* **TO DO**
The required answer is the count of lines in the records that contain "Json", with no other text.

++++ EXTRACTED MATERIAL

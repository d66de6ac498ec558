-- ===== src/Lldp/Remembered.antt =====
-- What the LLDP ingester remembers after a snapshot, and what it deletes.
use for_visibility.Prelude.{
  ◌≡◌, refl, ◌∙◌, Option, none, some, List, [], ◌∷◌, ◌++◌, if◌then◌else◌, arith, inl, inr, ◌⊎◌, All,
  if-cases, Option-cases,
}
use for_visibility.Prelude.Assoc.{Map, lookup, insert, lookup-insert}
use for_visibility.Text.{Bytes, text, bytes_beq, bytes_eq, bytes_beq_iff}
use mathlib.Core.List.{Memᴰ}
use mathlib.Core.List.Memᴰ
use for_visibility.Gnmi.{Effect, cache_update, elems_path}
use for_visibility.Lldp.Values.{
  Json, str, arr, obj, other, Items, no_items, item, Fields, no_fields, field, as_map, first_obj,
  as_str, get,
}
use for_visibility.Lldp.{
  Lldp, LldpNbr, lldp_elems, parse_iface, put_ifaces, put_item, put_items, parse_ifaces, parse_lldp,
  report_ifaces, delete_gone, delete_ifaces, reconcile,
}

-- No interface stands twice in the answer.
abbrev pub Distinct : Map Bytes LldpNbr → Type 0
Distinct [] = Unit
Distinct ((ifn, nb) ∷ cur) = (lookup ifn cur ≡ none) × Distinct cur

Distinct-insert :
    (ifn : Bytes) (nb : LldpNbr) (cur : Map Bytes LldpNbr)
    → Distinct cur
    → Distinct (insert ifn nb cur)
unfolding insert lookup
Distinct-insert ifn nb [] h = (refl, tt)
Distinct-insert ifn nb ((j, v) ∷ cur) (fresh, h) =
    if-cases Distinct (bytes_beq j ifn) ((ifn, nb) ∷ cur) ((j, v) ∷ insert ifn nb cur)
      (λ same. (ground (arith, fresh, bytes_beq_iff j ifn), h))
      (λ other. (
        ground (arith, fresh, bytes_beq_iff ifn j, bytes_beq_iff j ifn, lookup-insert j ifn nb cur),
        Distinct-insert ifn nb cur h,
      ))

-- the chassis that is remembered of an interface: an empty id is passed over
abbrev pub chassis_of : Option LldpNbr → Option Bytes
chassis_of none = none
chassis_of (some nb) = if bytes_beq nb.chassis_id [] then none else some nb.chassis_id

abbrev or_else : Option Bytes → Option Bytes → Option Bytes
or_else none b = b
or_else (some a) b = some a

or_else-absent : (a : Option Bytes) → or_else a none ≡ a
or_else-absent none = refl
or_else-absent (some a) = refl

report_ifaces-seen :
    (ifn : Bytes) (seen : Map Bytes Bytes) (cur : Map Bytes LldpNbr)
    → Distinct cur
    → lookup ifn (report_ifaces seen cur).0
      ≡ or_else (chassis_of (lookup ifn cur)) (lookup ifn seen)
unfolding report_ifaces lookup
report_ifaces-seen ifn seen [] d = refl
report_ifaces-seen ifn seen ((j, nb) ∷ cur) (fresh, d) = ground (
  arith,
  fresh,
  bytes_beq_iff j ifn,
  lookup-insert ifn j nb.chassis_id seen,
  report_ifaces-seen ifn seen cur d,
  report_ifaces-seen ifn (insert j nb.chassis_id seen) cur d,
)

put_ifaces-Distinct :
    (res : Map Bytes LldpNbr) (m : Fields) → Distinct res → Distinct (put_ifaces res m)
unfolding put_ifaces
put_ifaces-Distinct res no_fields h = h
put_ifaces-Distinct res (field name v m) h =
    put_ifaces-Distinct (insert name (parse_iface name (as_map v)) res) m
      (Distinct-insert name (parse_iface name (as_map v)) res h)

put_item-Distinct :
    (res : Map Bytes LldpNbr) (m : Option Fields) → Distinct res → Distinct (put_item res m)
unfolding put_item
put_item-Distinct res none h = h
put_item-Distinct res (some m) h =
    if-cases Distinct (bytes_beq (as_str (get (text "name") m)) []) _ _
      (λ _. put_ifaces-Distinct res m h)
      (λ _. Distinct-insert (as_str (get (text "name") m)) _ res h)

put_items-Distinct :
    (res : Map Bytes LldpNbr) (js : Items) → Distinct res → Distinct (put_items res js)
unfolding put_items
put_items-Distinct res no_items h = h
put_items-Distinct res (item j js) h =
    put_items-Distinct (put_item res (as_map j)) js (put_item-Distinct res (as_map j) h)

parse_ifaces-Distinct : (j : Json) → Distinct (parse_ifaces j)
unfolding parse_ifaces
parse_ifaces-Distinct (obj m) = put_ifaces-Distinct [] m tt
parse_ifaces-Distinct (arr js) = put_items-Distinct [] js tt
parse_ifaces-Distinct (str s) = tt
parse_ifaces-Distinct other = tt

parse_lldp-Distinct : (out : Option Fields) → Distinct (parse_lldp out)
unfolding parse_lldp
parse_lldp-Distinct none = tt
parse_lldp-Distinct (some root) = elim (Option-cases (first_obj (get (text "lldp") root))) [
  | inl absent ↦ rw (Distinct, absent) tt
  | inr (lldp, there) ↦ rw (Distinct, there) (parse_ifaces-Distinct (get (text "interface") lldp))
]

-- Of a neighbor that was remembered, its entry is deleted or its interface is still remembered.
abbrev pub Handled : List Effect → Map Bytes Bytes → Bytes × Bytes → Type 0
Handled calls seen (ifn, id) =
    Memᴰ (cache_update (text "openconfig") [] (elems_path (lldp_elems ifn id []) ∷ [])) calls
    ⊎ ((now : Bytes) × (lookup ifn seen ≡ some now))

Handled-later :
    (before calls : List Effect) (seen old : Map Bytes Bytes)
    → All (Handled calls seen) old
    → All (Handled (before ++ calls) seen) old
Handled-later before calls seen [] h = tt
Handled-later before calls seen ((ifn, id) ∷ old) (inl m, h) =
    (inl (Memᴰ.append_right before m), Handled-later before calls seen old h)
Handled-later before calls seen ((ifn, id) ∷ old) (inr now, h) =
    (inr now, Handled-later before calls seen old h)

delete_ifaces-Handled :
    (seen old : Map Bytes Bytes) → All (Handled (delete_ifaces seen old) seen) old
unfolding delete_ifaces delete_gone
delete_ifaces-Handled seen [] = tt
delete_ifaces-Handled seen ((ifn, id) ∷ old) = (
  elim (Option-cases (lookup ifn seen)) [
    | inl gone ↦ inl (rw (gone) (Memᴰ.head refl))
    | inr now ↦ inr now
  ],
  Handled-later (delete_gone (lookup ifn seen) ifn id) (delete_ifaces seen old) seen old
      (delete_ifaces-Handled seen old),
)

-- After a snapshot that lldpcli answers the ingester remembers of each interface the chassis id that
-- the answer shows there, and nothing of an interface without a neighbor or with an empty id. Of
-- every neighbor that it remembered before, the entry in the cache is deleted unless the interface
-- still has one.
pub reconcile-seen :
    (l : Lldp) (out : Option Fields)
    → ((ifn : Bytes)
        → lookup ifn (reconcile l (some out)).0.seen ≡ chassis_of (lookup ifn (parse_lldp out)))
      × All (Handled (reconcile l (some out)).1 (reconcile l (some out)).0.seen) l.seen
unfolding reconcile
reconcile-seen l out = (
  λ ifn.
      report_ifaces-seen ifn [] (parse_lldp out) (parse_lldp-Distinct out)
      ∙ unfold lookup in or_else-absent (chassis_of (lookup ifn (parse_lldp out))),
  Handled-later (report_ifaces [] (parse_lldp out)).1
      (delete_ifaces (report_ifaces [] (parse_lldp out)).0 l.seen)
      (report_ifaces [] (parse_lldp out)).0 l.seen
      (delete_ifaces-Handled (report_ifaces [] (parse_lldp out)).0 l.seen),
)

++++++++

* **WRITTEN REPLY**
2